Machine Learning for Stock Market Investment

Arthur Lee Samuel, the man who coined the term "machine learning" defined it as the field of study that gives computers the ability to learn without being explicitly programmed.

A good analogy to how it actually works would be teaching a child to play chess by locking him in a room with nothing but the rules of the game and a record of say, a hundred previous games (and of course, food and water). After a period of five days, the child would walk out of the room as a pretty good chess player. In our analogy, the child is the 'machine', the record of chess games would be the data (which the child is 'learning' from) and the rules of the game would be the algorithm.

overview

Now, let's talk about how this can be applied to predicting the likelihood of a stock doing well.

1. The Algorithm

We'll be using a Support Vector Machine (SVM) in this example. SVMs are based on the idea of finding a hyperplane that best divides a dataset into two classes, as shown in the image below. How do we find the right hyperplane? The distance between the hyperplane and the nearest data point from either set is known as the margin. The goal is to choose a hyperplane with the greatest possible margin between the hyperplane and any point within the training set, giving a greater chance of new data being classified correctly. However, if there isn't a clear margin between the support vectors like there is in the image below, things get tricky. To overcome this problem, we would use a kernel which would transform our support vectors to a different coordinate system which would make the classification problem easier.

SVM

Margins

UseOfAKernel

2. The Tools

There are a few challenges to our problem. Firstly, the stock market is closed on weekends and hence, there are no open/close prices for any stocks on those days which hampers our dataset. Hence, we would need to interpolate the data on these days to better our prediction. Secondly, the stock market is highly fluctuating and hence, we would need to use a technique called smoothing. Here's an example of how data looks before and after applying smoothing:

Smoothing

The most important tool needed however for machine learning is the dataset itself. A good resource for data on the stock market is Quandl. Here's a dataset of ten years' data on SMP 500 Companies in the US and thirty five features to learn on. The SVM algorithm will try seeing if there is any correlation between these parameters and stock price. We will be using the Python framework Scikit-learn which allows us to use Machine Learning tools almost as a black box, without having explicit knowledge on how these algorithms work.

3. The Prestige

Here's some code on preprocessing the dataset from Quandl that would transform the data into a form recognisable to the SVM:

def key_Stats(gather=["Total Debt/Equity",'Trailing P/E','Price/Sales','Price/Book','Profit Margin', 'Parameters that we wil learn on']):
    L = []
    statspath = path + '/_KeyStats'
    stock_list = [x[0] for x in os.walk(statspath)]

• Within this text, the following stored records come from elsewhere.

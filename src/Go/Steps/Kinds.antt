-- ===== src/Go/Steps/Kinds.antt =====
-- Two things that the steps of an update keep: the order of the ticks, and the launches so far.
use winsvr.Base.{ℕ, ◌+◌, ◌≤◌, ◌≡◌, refl, ◌∙◌, ◌++◌, List, [], ◌∷◌, arith}
use winsvr.Go.World.{World, Event, launched, next}
use winsvr.Go.Os.{emit}
use winsvr.Go.Steps.{IsKept, is_update_event}

abbrev pub IsForwardStep : World → World → Type 0
IsForwardStep w w' = w.tick ≤ w'.tick

pub tick-IsKept : IsKept IsForwardStep
unfolding next emit
tick-IsKept = record {
  same = λ w. omega arith;
  both = λ a b c p q. omega (arith, p, q);
  ticked = λ w. omega arith;
  logged = λ w l. omega arith;
  stored = λ w fs. omega arith;
  emitted = λ e w h. omega arith;
}

-- How many programs were launched.
unfoldable pub launches : List Event → ℕ
launches [] = 0
launches (launched sid elevated ∷ es) = 1 + launches es
launches (_ ∷ es) = launches es

launches-append : (xs ys : List Event) → launches (xs ++ ys) ≡ launches xs + launches ys
unfolding launches
launches-append [] ys = omega arith
launches-append (x ∷ xs) ys = ground (arith, launches-append xs ys)

-- Nothing was launched in between.
abbrev pub HasSameLaunches : World → World → Type 0
HasSameLaunches w w' = launches w'.events ≡ launches w.events

pub launches-IsKept : IsKept HasSameLaunches
unfolding next emit launches is_update_event
launches-IsKept = record {
  same = λ w. refl;
  both = λ a b c p q. q ∙ p;
  ticked = λ w. refl;
  logged = λ w l. refl;
  stored = λ w fs. refl;
  emitted = λ e w h. ground (arith, h, launches-append w.events (e ∷ []));
}
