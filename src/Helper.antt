-- ===== src/Helper.antt =====
-- example/helper/main.go: the payload of the example, which writes a heartbeat file as the user.
pub mod Beats
use winsvr.Base.{ℕ, Bool, true, false, List, [], ◌∷◌, ◌++◌}
use winsvr.Base.Bytes.{Bytes, text}
use winsvr.Base.Decimal.{format_uint}
use winsvr.Go.World.{Env, World, FilePath}
use winsvr.Go.Os.{write_file, now}

-- os.TempDir, the variable USERNAME, os.Getpid, and what Format makes of a time, in RFC 3339.
pub record User : Type 0 where
  pub temp_dir : Bytes
  pub name : Bytes
  pub pid : ℕ
  pub format_time : ℕ → Bytes

-- What the select receives: the context is done, or five seconds have passed.
pub data Wake : Type 0 where
  done ticked : Wake

module _ (env : Env) (user : User) where
  unfoldable pub heartbeat : FilePath
  heartbeat = record { dir = user.temp_dir; base = text "winsvr-helper.txt" }

  unfoldable pub line : ℕ → Bytes
  line t =
      user.format_time t
      ++ (text " alive as " ++ (user.name ++ (text " pid=" ++ (format_uint user.pid ++ (10 ∷ [])))))

  -- The closure `write`; the error of os.WriteFile is dropped.
  unfoldable pub write : World → World
  write w = let (t, w') = now env w in (write_file env heartbeat (line t) w').1

  -- The loop, over what its select receives. The answer says that main has returned.
  unfoldable pub loop : List Wake → World → Bool × World
  loop [] w = (false, w)
  loop (done ∷ wakes) w = (true, w)
  loop (ticked ∷ wakes) w = loop wakes (write w)

  unfoldable pub main : List Wake → World → Bool × World
  main wakes w = loop wakes (write w)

    sp500 = pd.DataFrame.from_csv("YAHOO-INDEX_GSPC.csv")
    ticker_list = []

    for each_dir in stock_list[1:]:
        each_file = os.listdir(each_dir)

        ticker = each_dir.split("/")[6]
        ticker_list.append(ticker)
        starting_stock_value = False
        starting_sp500_value = False
        if len(each_file)>0:
            for file in each_file:
                date_stamp = datetime.strptime(file,'%Y%m%d%H%M%S.html')
                unix_time = time.mktime(date_stamp.timetuple())
                full_file_path = each_dir + '/' + file 
                source = open(full_file_path, 'r').read()
                value_list = []
                for each_data in gather:
                    #Preprocessing for determining stock price

                try:
                    stock_price = float(source.split('</small><big><b>')[1].split('</b></big>')[0])
                if not(starting_stock_value):
                    starting_stock_value = stock_price
                if not(starting_sp500_value):
                    starting_sp500_value= sp500_value

                stock_p_change = (stock_price - starting_stock_value)/ starting_stock_value *100
                sp500_p_change = (sp500_value - starting_sp500_value)/starting_sp500_value * 100

                difference = (stock_p_change - sp500_p_change)
                if difference > 0:
                    status = "outperform"
                else:
                    status = "underperform"
                if value_list.count("N/A")>0:
                    pass
                else:
                    d  = {...} #Dictionary of parameters for the stock being traversed 
                    L.append(d) #Adding to the list

At this point, we would apply the smoothing technique on the data. The final step is just feeding the data to the algorithm and letting it work it's magic!

def analysis():
    # Fit the SVC (exclude the last column).
    X_train, y_train = build_data_set()
    clf = svm.SVC(kernel="rbf", C=8, gamma=0.3)
    clf.fit(X_train[:-1], y_train[:-1])

    # Now we get the actual data from which we want to generate predictions.
    data = pd.DataFrame.from_csv("YAHOO-INDEX_GSPC.csv")
    data = data.replace("N/A", 0).replace("NaN", 0)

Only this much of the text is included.